• **ENTRIES SUPPLIED**
◆ ◆ ◆ ◆ ◆
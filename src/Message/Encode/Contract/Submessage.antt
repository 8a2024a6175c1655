-- ===== src/Message/Encode/Contract/Submessage.antt =====
-- `pb_encode_submessage`: a length, and what the submessage writes.
use ios_college_work.Common.{
  ℕ, ◌^◌, ◌<◌, ◌≡◌, refl, ap, ◌∙◌, none, some, List, [], ◌++◌, length, length-append, arith, Cmd,
  ok, ◌>>◌,
}
use native.Mathlib.Decide.{dec_lt}
use ios_college_work.Stream.Errors.{stream_full}
use ios_college_work.Stream.Output.{OStream, pb_write, pb_ostream_sizing}
use ios_college_work.Stream.Buffers.{output}
use ios_college_work.Stream.Writes.{sizer, Writes, Writes-eq, Writes-then}
use ios_college_work.Wire.Encode.{pb_encode_varint}
use ios_college_work.Wire.Varint.{varint}
use ios_college_work.Wire.Scalars.Varint.{pb_encode_varint-Writes}
use ios_college_work.Message.Encode.Items.{sized_tail, pb_encode_submessage}

module _ {run : Cmd OStream (Unit {0})} {bs : List ℕ} (w : Writes run bs) where
  -- The second half, with the size that the first has counted.
  tail-Writes : Writes (sized_tail run (length bs)) bs
  tail-Writes = record {
    stores = λ xs room max_size n h fits.
        unfold sized_tail in
        ground (
          arith,
          h.holds,
          h.bound,
          w.stores xs room (length bs) 0 (omega (arith, h.holds, h.bound, fits)) (omega arith),
        );
    counts = λ xs room max_size n h. unfold sized_tail pb_write in ground arith;
    full = λ xs room max_size n h over bound. record {
      left = output xs room max_size n (some stream_full);
      returns = unfold sized_tail in ground arith;
      message = refl;
      in_bounds = h.within;
    };
  }

  counted : length bs < 2 ^ 64 → run pb_ostream_sizing ≡ ok tt (sizer [] 0 0 (length bs) none)
  counted h =
      w.counts [] 0 0 0 (omega (arith, h))
      ∙ ap (λ (k : ℕ). ok tt (sizer [] 0 0 k none)) (omega arith)

  small-Writes : length bs < 2 ^ 64 → Writes (pb_encode_submessage run) (varint (length bs) ++ bs)
  small-Writes h =
      Writes-eq two_halves (Writes-then (pb_encode_varint-Writes (length bs) h) tail-Writes)
    where
      two_halves :
          (s : OStream)
          → pb_encode_submessage run s
            ≡ (pb_encode_varint (length bs) >> sized_tail run (length bs)) s
      two_halves s = unfold pb_encode_submessage in rw (counted h)

  -- If the encoder of a submessage writes the bytes `bs` on every stream, then `pb_encode_submessage`, which runs it on a
  -- sizing stream first and then on a substream that holds it to the size found, writes the length of `bs` as a varint and `bs`
  -- on every stream, with "stream full" on a smaller one, and counts both on a sizing stream.
  pub submessage-Writes : Writes (pb_encode_submessage run) (varint (length bs) ++ bs)
  submessage-Writes = elim (dec_lt (length bs) (2 ^ 64)) [
    | yes h ↦ small-Writes h
    | no h ↦ record {
      stores = λ xs room max_size n room' fits.
          absurd (omega (arith, h, fits, room'.bound, length-append (varint (length bs)) bs));
      counts = λ xs room max_size n fits.
          absurd (omega (arith, h, fits, length-append (varint (length bs)) bs));
      full = λ xs room max_size n room' over fits.
          absurd (omega (arith, h, fits, length-append (varint (length bs)) bs));
    }
  ]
◆ ◆ ◆ ◆ ◆
• **BRIEF**
Tell how many lines in the data include the string "where". Reply with the number and no other text.

• **SOLUTION TO THE EXERCISE**
2